Сумерки, понимаете ли вы, что сумерки это какое-то тысячное бездомное волнение, сбившееся и потрясшее себя, и лирик должен разместить сумерки (III: 428).

Детство запомнило полдни […] юность связала себя с рассветом. Поэтому юность Реликвимини настала для него раньше его детства. Юность предшествовала детству Реликвимини (III: 436).

И практически во всех прозаических произведениях Пастернака, вышедших вслед за «Апеллесовой чертой», мы видим устойчивую последовательность сцен, действие которых разворачивается в темноте, обрамленной или светом заката, или первыми лучами приближающегося рассвета. «Безлюбие» (1918) начинается с непроглядного бурана и с признаков неотвратимого возвращения солнца, которое, однако, не торопится. При этом близость или удаленность рассветных лучей измеряется не часами, а протяженностью пути, проделанного главными героями:

[…] и давно было уже время взойти солнцу, но до солнца было еще далеко.

До солнца было еще далеко. До солнца оставалось еще верст пять пути, короткая остановка на въезжей […].

Тогда оно выглянуло. Оно вошло вместе с ними в кабинет, где оно разбежалось по коврику и, закатившись за цветочные горшки, усмехнулось […] (III: 408).

«Письма из Тулы» (1918) начинаются на закате: «В поезде, шедшем из Москвы, везли задыхавшееся солнце на множестве полосатых диванов. Оно садилось» (III: 26). Заканчивается же это произведение упоминанием восхода, что дает нам право предположить, что все описанные в рассказе события, очевидно, произошли в промежуток между заходом солнца и началом нового дня:

Шел поезд в Москву, и в нем везли огромное пунцовое солнце на множестве сонных тел. Оно только что показалось из‐за холма и подымалось (III: 32).

Первая сцена «Детства Люверс» (1918) – детский испуг. Девочка, разбуженная кошкой, готова расплакаться, неожиданно обнаружив, каким чужим и незнакомым выглядит мир на закате:

Женю в те годы спать укладывали рано. Она не могла видеть огней Мотовилихи. […] Зато нипочем нельзя было определить того, что творилось на том берегу, далеко-далеко: у того не было названия и не было отчетливого цвета и точных очертаний […] (III: 34).

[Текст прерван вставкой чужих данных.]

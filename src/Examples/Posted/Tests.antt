-- ===== src/Examples/Posted/Tests.antt =====
-- A small example canister and the small proxy, and the theorem at them.
use idempotent_proxy.Prelude.{
  ℕ, ◌≡◌, refl, String, true, false, none, some, List, [], ◌∷◌, Result, ok, err, join, inl, arith,
  starts_with, to_ascii_lowercase,
}
use idempotent_proxy.Proxy.{AppState, Request, full_key, prepare}
use idempotent_proxy.Canister.Signer.{signer}
use idempotent_proxy.Canister.Signer.Tokens.{SignsFor}
use idempotent_proxy.Canister.Signer.Tests.{packages, unary_text, numbers_decode, list_eq_refl}
use idempotent_proxy.Delivery.{IsDelivered}
use idempotent_proxy.Examples.EthCanister.{RpcAgent, System, post_request}
use idempotent_proxy.Examples.Signing.{EcdsaCalls, sign_proxy_token}
use idempotent_proxy.Examples.State.{EthState, refresh_proxy_token}
use idempotent_proxy.Examples.Tokens.{as_state, as_system}
use idempotent_proxy.Examples.Posted.{posted-prepared}

abbrev calls : EcdsaCalls
calls = record {
  sign_with_ecdsa = λ arg. ok (7 ∷ arg.message_hash);
  ecdsa_public_key = λ arg. ok (7 ∷ []);
}

abbrev alice : RpcAgent
alice = record {
  name = "alice";
  endpoint = "https://proxy.example/URL_ETH";
  max_cycles = 100;
  proxy_token = none;
  api_token = some "secret";
}

abbrev before : EthState
before = record { ecdsa_key_name = "key_1"; rpc_proxy_public_key = ""; rpc_agents = alice ∷ [] }

abbrev token : String
token = unary_text (3720 ∷ 7 ∷ 3720 ∷ [])

abbrev tokened : RpcAgent
tokened = record alice { proxy_token = some token }

abbrev after : EthState
after = record before { rpc_agents = tokened ∷ [] }

calls-SignsFor : SignsFor packages (as_system calls) unary_text (signer (as_state before)) 7
unfolding signer
calls-SignsFor = record {
  management =
      λ unset digest sig h. (sig, refl, rw (ok_sig digest sig h) (list_eq_refl (7 ∷ digest)));
  by_cose = λ client set digest sig h. cc;
}
  where
    ok_sig :
        {E : Type 0} (digest sig : List ℕ)
        → ◌≡◌ {A = Result (List ℕ) E} (ok (7 ∷ digest)) (ok sig)
        → sig ≡ 7 ∷ digest
    ok_sig digest sig h = cc

refreshed :
    refresh_proxy_token
      (sign_proxy_token calls unary_text packages.cbor packages.sha3_256)
      (λ n. 0)
      before
      before
    ≡ some after
unfolding refresh_proxy_token sign_proxy_token idempotent_proxy.Examples.State.update_proxy_token
    idempotent_proxy.Examples.State.sign_rpc_agents idempotent_proxy.Prelude.lookup
refreshed = refl

abbrev app : AppState packages
app = record {
  poll_interval = 100;
  cache_ttl = 10000;
  agents = [];
  url_vars = ("URL_ETH", "https://node.example/") ∷ [];
  header_vars = [];
  ecdsa_pub_keys = 7 ∷ [];
  ed25519_pub_keys = [];
}

abbrev outcalls : System
outcalls = record {
  http_request = λ req cycles. err ("2", "timeout");
  from_utf8 = λ bytes. "";
  show_number = λ n. "0";
  app_agent = "eth-canister";
}

abbrev arrived : Request packages
arrived = record {
  method = "POST";
  is_safe = false;
  path = "/URL_ETH";
  path_and_query = some "/URL_ETH";
  headers =
      ("idempotency-key", "blk-best-1")
      ∷ ("proxy-authorization", join ("Bearer " ∷ token ∷ []))
      ∷ ("authorization", "secret")
      ∷ [];
  body = ok [];
}

arrived-IsDelivered :
    IsDelivered packages "https://proxy.example"
      (post_request outcalls tokened "blk-best-1" [])
      arrived
unfolding post_request idempotent_proxy.Examples.EthCanister.post_headers to_ascii_lowercase
    idempotent_proxy.Headers.extract_header idempotent_proxy.Prelude.lookup
arrived-IsDelivered = record {
  target = "/URL_ETH";
  sent_to = refl;
  path = refl;
  path_and_query = refl;
  proxy_authorization = refl;
  forwarded_host = refl;
  idempotency_key = refl;
}

posted-prepared_example :
    prepare packages app arrived 0
    ≡ ok (record {
      agent = "alice";
      url = "https://node.example/";
      idempotency_key = full_key packages "alice" "POST" "blk-best-1";
    })
unfolding starts_with idempotent_proxy.Prelude.lookup
posted-prepared_example =
    posted-prepared packages calls unary_text (λ n. 0) 0 before before after numbers_decode
      (λ n. omega arith) (λ n. omega arith) 7 calls-SignsFor refreshed refl tokened (inl refl)
      (λ e sig. refl) app (inl refl) refl "https://proxy.example" "URL_ETH" _ refl refl
      (ground arith) refl refl _ refl outcalls "blk-best-1" [] refl arrived arrived-IsDelivered 0
      (omega arith)
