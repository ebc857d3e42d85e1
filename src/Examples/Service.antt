-- ===== src/Examples/Service.antt =====
-- The two calls that the examples offer: `eth_chain_id` and `get_best_block` of
-- examples/eth-canister/src/lib.rs and of examples/eth-canister-lite/src/lib.rs.
--
-- `time` is `ic_cdk::api::time`, `from_text` is `Principal::from_text`. A panic is `none`.
use idempotent_proxy.Prelude.{ℕ, ◌/◌, String, Option, none, some, [], ◌∷◌, join, Result, ◌>>=◌}
use idempotent_proxy.Canister.Types.{Principal}
use idempotent_proxy.Examples.JsonRpc.{Json, Decoder}
use idempotent_proxy.Examples.EthCanister
use idempotent_proxy.Examples.EthCanister.{System}
use idempotent_proxy.Examples.Lite.{LiteSystem, lite_eth_chain_id, lite_get_best_block}
use idempotent_proxy.Examples.State.{EthState, seconds, get_agent}

-- `format!("blk-best-{ts}")`
abbrev pub best_key : (ℕ → String) → ℕ → String
best_key show_number time = join ("blk-best-" ∷ show_number (time / seconds) ∷ [])

module _ (sys : System) (json : Json) where
  unfoldable pub eth_chain_id : Decoder json String → EthState → Option (Result String String)
  unfolding get_agent
  eth_chain_id decoder s = elim (get_agent s) [
    | none ↦ none
    | some agent ↦ some (EthCanister.eth_chain_id sys json decoder agent "eth_chain_id")
  ]

  unfoldable pub get_best_block :
      Decoder json json.Value → ℕ → EthState → Option (Result String String)
  unfolding get_agent
  get_best_block decoder time s = elim (get_agent s) [
    | none ↦ none
    | some agent ↦ some (
        EthCanister.get_best_block sys json decoder agent (best_key sys.show_number time) >>= λ res.
        json.to_string res)
  ]

module _ (from_text : String → Result Principal String) (sys : LiteSystem) (json : Json) where
  unfoldable pub lite_chain_id : Decoder json String → Result String String
  lite_chain_id decoder = from_text "hpudd-yqaaa-aaaap-ahnbq-cai" >>= λ proxy.
      lite_eth_chain_id sys json decoder
        (record { provider = "URL_CF_ETH"; proxy = proxy; api_token = none }) "eth_chain_id"

  unfoldable pub lite_best_block : Decoder json json.Value → ℕ → Result String String
  lite_best_block decoder time = from_text "hpudd-yqaaa-aaaap-ahnbq-cai" >>= λ proxy.
      lite_get_best_block sys json decoder
        (record { provider = "https://rpc.ankr.com/eth"; proxy = proxy; api_token = none })
        (best_key sys.show_number time)
      >>= λ res. json.to_string res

«Воздушные пути» (1924) начинаются с описания тьмы, драматично подминающей под себя мир:

Когда огромная лиловая туча, встав на краю дороги, заставила умолкнуть и кузнечиков, знойно трещавших в траве, а в лагерях вздохнули и оттрепетали барабаны, у земли потемнело в глазах и на свете не стало жизни (III: 86).

Таким образом, критический анализ «Апеллесовой черты», как и любого из ранних прозаических произведений Пастернака, следует производить в рамках более широкой темы, а именно – тех художественных ориентиров, достижение которых требовало от автора настойчивого обращения к образам исчезающего солнца.

Невозможно не учитывать истоков этого образа в западной культуре; в платоновском тропе в диалоге «Государство» солнце, приносящее в материальный мир не только свет, но и саму возможность рождения и роста, предстает как универсальная сила, объясняющая действие высшего блага «за пределами существования»:

Солнце дает всему, что мы видим, не только возможность быть видимым, но и рождение, рост, а также питание, хотя само оно не есть становление.

Считай, что и познаваемые вещи могут познаваться лишь благодаря благу; оно же дает им и бытие, и существование, хотя само благо не есть существование, оно – за пределами существования, превышая его достоинством и силой (Платон 1994, III: 509b).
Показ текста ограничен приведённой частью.